[Collected data entries]
□ □ □
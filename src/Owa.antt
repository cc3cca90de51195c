-- ===== src/Owa.antt =====
-- internal/transport/owa/transport.go: the session of the Outlook-on-the-web transport. `Host` holds
-- what the code calls outside of this file: the clock, the secret store, Login, the sleep between
-- two logins, the HTTP round trip with the building of its request and the reading of its body, and
-- the JSON decoder.
pub mod Session
pub mod Service
pub mod Attempts
pub mod Retries
use outlook_agent.Prelude.{Bool, List, Option, Result, String, false, nat_eq, none, some, ℕ, ◌||◌}
use outlook_agent.Prelude.Text.{contains, has_prefix, to_lower, trim_space}
use outlook_agent.Value.{Fields}

-- an error of Login; `transient` is isTransientLoginError
pub record LoginError : Type 0 where
  pub message : String
  pub transient : Bool

-- a response and its body: the path of its request's URL, if it has one
pub record Reply : Type 0 where
  pub status : ℕ
  pub content_type : String
  pub path : Option String
  pub body : String

pub record Host : Type 1 where
  pub World : Type 0
  pub Password : Type 0
  pub Session : Type 0
  pub now : World → ℕ × World
  -- secrets.Get
  pub get_secret : World → Result String Password × World
  -- Login
  pub log_in : Password → World → Result LoginError Session × World
  -- loginRetryBackoff, which may fail
  pub back_off : ℕ → World → Option String × World
  -- the request for the action, built, sent and read
  pub send : Session → World → Result String Reply × World
  -- json.Unmarshal into a map
  pub decode : String → Result String Fields
  -- RawResponseEnvelope
  pub envelope : Reply → Fields
  -- fmt's %d
  pub decimal : ℕ → String
  -- loginRetries and sessionTTL
  pub login_retries : ℕ
  pub session_ttl : ℕ

-- cachedSession
pub record CachedSession (h : Host) : Type 0 where
  pub session : h.Session
  pub created_at : ℕ
  pub last_used_at : ℕ
  pub expires_at : ℕ

-- The transport's session, with the calls of Login and the requests sent, which are counted for the
-- theorems: `logins` is the number of calls, `sent` the sessions that requests went out with.
pub record State (h : Host) : Type 0 where
  pub world : h.World
  pub session : Option (CachedSession h)
  pub logins : ℕ
  pub sent : List h.Session

-- 20 minutes, in nanoseconds
abbrev pub default_session_ttl : ℕ
default_session_ttl = 1_200_000_000_000

abbrev is_auth_path : Option String → Bool
is_auth_path none = false
is_auth_path (some path) =
    contains "/owa/auth/" (to_lower path) || contains "/owa/auth.owa" (to_lower path)

-- isOWAAuthFailureResponse
unfoldable pub is_auth_failure : Reply → Bool
is_auth_failure reply =
    nat_eq reply.status 401
    || nat_eq reply.status 403
    || is_auth_path reply.path
    || contains "auth/logon.aspx" (to_lower reply.body)
    || contains "/owa/auth.owa" (to_lower reply.body)

unfoldable pub looks_like_json : Reply → Bool
looks_like_json reply =
    contains "json" (to_lower reply.content_type)
    || has_prefix "{" (trim_space reply.body)
    || has_prefix "[" (trim_space reply.body)
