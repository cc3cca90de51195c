-- ===== src/Owa/Session.antt =====
-- The cached session of internal/transport/owa/transport.go: login, loginWithRetry and
-- invalidateSession. Each of them holds the transport's mutex.
use outlook_agent.Prelude.{
  Bool, Option, Result, String, err, false, if◌then◌else◌, leb, ltb, none, ok, some, suc, true,
  zero, ℕ, ◌*◌, ◌+◌,
}
use outlook_agent.Owa.{CachedSession, Host, LoginError, State, default_session_ttl}

-- a quarter of a second, in nanoseconds
abbrev pub back_off_step : ℕ
back_off_step = 250_000_000

module _ (h : Host) where
  -- Login
  abbrev pub log_in_once : h.Password → State h → Result LoginError h.Session × State h
  log_in_once password s =
      let (result, world) = h.log_in password s.world in
      (result, record s { world = world; logins = suc s.logins })

  -- after an error of Login: give up, or wait and go on
  abbrev pub resumed :
      LoginError
      → State h
      → Bool
      → Option String × h.World
      → (State h → Result String h.Session × State h)
      → Result String h.Session × State h
  resumed e s false waited next = (err e.message, s)
  resumed e s true (some message, world) next = (err message, record s { world = world })
  resumed e s true (none, world) next = next (record s { world = world })

  -- The loop of loginWithRetry, from the result of an attempt on, with so many attempts left.
  unfoldable pub tried :
      ℕ → ℕ → h.Password → Result LoginError h.Session × State h → Result String h.Session × State h
  tried attempt more password (ok session, s) = (ok session, s)
  tried attempt zero password (err e, s) = (err e.message, s)
  tried attempt (suc more) password (err e, s) =
      resumed e s e.transient (h.back_off (suc attempt * back_off_step) s.world)
        (λ t. tried (suc attempt) more password (log_in_once password t))

  unfoldable pub login_with_retry : h.Password → State h → Result String h.Session × State h
  unfolding tried
  login_with_retry password s = tried 0 h.login_retries password (log_in_once password s)

  abbrev cached : ℕ → h.Session → CachedSession h
  cached now session = record {
    session = session;
    created_at = now;
    last_used_at = now;
    expires_at = now + (if leb h.session_ttl 0 then default_session_ttl else h.session_ttl);
  }

  abbrev pub keep_session :
      ℕ → Result String h.Session × State h → Result String h.Session × State h
  keep_session now (err message, s) = (err message, s)
  keep_session now (ok session, s) = (ok session, record s { session = some (cached now session) })

  abbrev pub with_secret :
      ℕ → State h → Result String h.Password × h.World → Result String h.Session × State h
  with_secret now s (err message, world) = (err message, record s { world = world })
  with_secret now s (ok password, world) =
      keep_session now (login_with_retry password (record s { world = world }))

  -- a new login, whose session is cached
  abbrev pub log_in_anew : ℕ → State h → Result String h.Session × State h
  log_in_anew now s = with_secret now s (h.get_secret s.world)

  abbrev pub logged_in : ℕ → State h → Option (CachedSession h) → Result String h.Session × State h
  logged_in now s none = log_in_anew now s
  logged_in now s (some c) =
      if ltb now c.expires_at
      then (ok c.session, record s { session = some (record c { last_used_at = now }) })
      else log_in_anew now s

  -- login
  unfoldable pub login : State h → Result String h.Session × State h
  unfolding login_with_retry
  login s = let (now, world) = h.now s.world in logged_in now (record s { world = world }) s.session

  unfoldable pub invalidate_session : State h → State h
  invalidate_session s = record s { session = none }
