-- ===== src/Owa/Service.antt =====
-- One action of the OWA service, in internal/transport/owa/transport.go: executeService and
-- executeRawService, which try a second time with a new login after an authentication failure.
use outlook_agent.Prelude.{
  Bool, Option, Result, String, [], err, false, if◌then◌else◌, ltb, none, not, ok, some, true, ◌&&◌,
  ◌++ˢ◌, ◌++◌, ◌∷◌,
}
use outlook_agent.Value.{Fields}
use outlook_agent.Server.{ActionResponse}
use outlook_agent.Owa.{Host, Reply, State, is_auth_failure, looks_like_json}
use outlook_agent.Owa.Session.{invalidate_session, login}

abbrev pub failure : String → Option Fields → ActionResponse
failure message fields = record { ok = false; fields = fields; error = message }

module _ (h : Host) where
  abbrev pub http_error : Reply → String
  http_error reply = "owa service returned HTTP " ++ˢ h.decimal reply.status

  abbrev pub is_success : Reply → Bool
  is_success reply = not (ltb reply.status 200) && ltb reply.status 300

  abbrev pub decoded : Reply → Result String Fields → ActionResponse × Bool
  decoded reply (err message) = (failure message none, is_auth_failure reply)
  decoded reply (ok fields) =
      if is_success reply
      then (record { ok = true; fields = some fields; error = "" }, false)
      else (failure (http_error reply) (some fields), is_auth_failure reply)

  -- what executeServiceOnce makes of a reply; `true` is an authentication failure
  unfoldable pub service_answer : Reply → ActionResponse × Bool
  unfolding is_auth_failure looks_like_json
  service_answer reply =
      if is_auth_failure reply && not (looks_like_json reply)
      then (failure (http_error reply) none, true)
      else decoded reply (h.decode reply.body)

  -- what executeRawServiceOnce makes of a reply
  unfoldable pub raw_answer : Reply → ActionResponse × Bool
  unfolding is_auth_failure
  raw_answer reply =
      if is_success reply
      then (record { ok = true; fields = some (h.envelope reply); error = "" }, false)
      else (failure (http_error reply) (some (h.envelope reply)), is_auth_failure reply)

  module _ (answer : Reply → ActionResponse × Bool) where
    abbrev pub answered : Result String Reply → ActionResponse × Bool
    answered (err message) = (failure message none, false)
    answered (ok reply) = answer reply

    abbrev pub sent_with : Result String h.Session × State h → (ActionResponse × Bool) × State h
    sent_with (err message, s) = ((failure message none, false), s)
    sent_with (ok session, s) =
        let (result, world) = h.send session s.world in
        (answered result, record s { world = world; sent = s.sent ++ session ∷ [] })

    -- executeServiceOnce, or executeRawServiceOnce
    unfoldable pub execute_once : State h → (ActionResponse × Bool) × State h
    unfolding login
    execute_once s = sent_with (login h s)

    abbrev pub first_of : (ActionResponse × Bool) × State h → ActionResponse × State h
    first_of ((response, failed), s) = (response, s)

    abbrev pub again : (ActionResponse × Bool) × State h → ActionResponse × State h
    again ((response, false), s) = (response, s)
    again ((response, true), s) = first_of (execute_once (invalidate_session h s))

    unfoldable pub execute : State h → ActionResponse × State h
    unfolding execute_once invalidate_session
    execute s = again (execute_once s)

  -- executeService
  unfoldable pub execute_service : State h → ActionResponse × State h
  unfolding execute service_answer
  execute_service s = execute service_answer s

  -- executeRawService
  unfoldable pub execute_raw_service : State h → ActionResponse × State h
  unfolding execute raw_answer
  execute_raw_service s = execute raw_answer s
□ □ □
Write out each line above with the word "unfoldable".

unfoldable pub is_auth_failure : Reply → Bool
unfoldable pub looks_like_json : Reply → Bool
  unfoldable pub tried :
  unfoldable pub login_with_retry : h.Password → State h → Result String h.Session × State h
  unfoldable pub login : State h → Result String h.Session × State h
  unfoldable pub invalidate_session : State h → State h
  unfoldable pub service_answer : Reply → ActionResponse × Bool
  unfoldable pub raw_answer : Reply → ActionResponse × Bool
    unfoldable pub execute_once : State h → (ActionResponse × Bool) × State h
    unfoldable pub execute : State h → ActionResponse × State h
  unfoldable pub execute_service : State h → ActionResponse × State h
  unfoldable pub execute_raw_service : State h → ActionResponse × State h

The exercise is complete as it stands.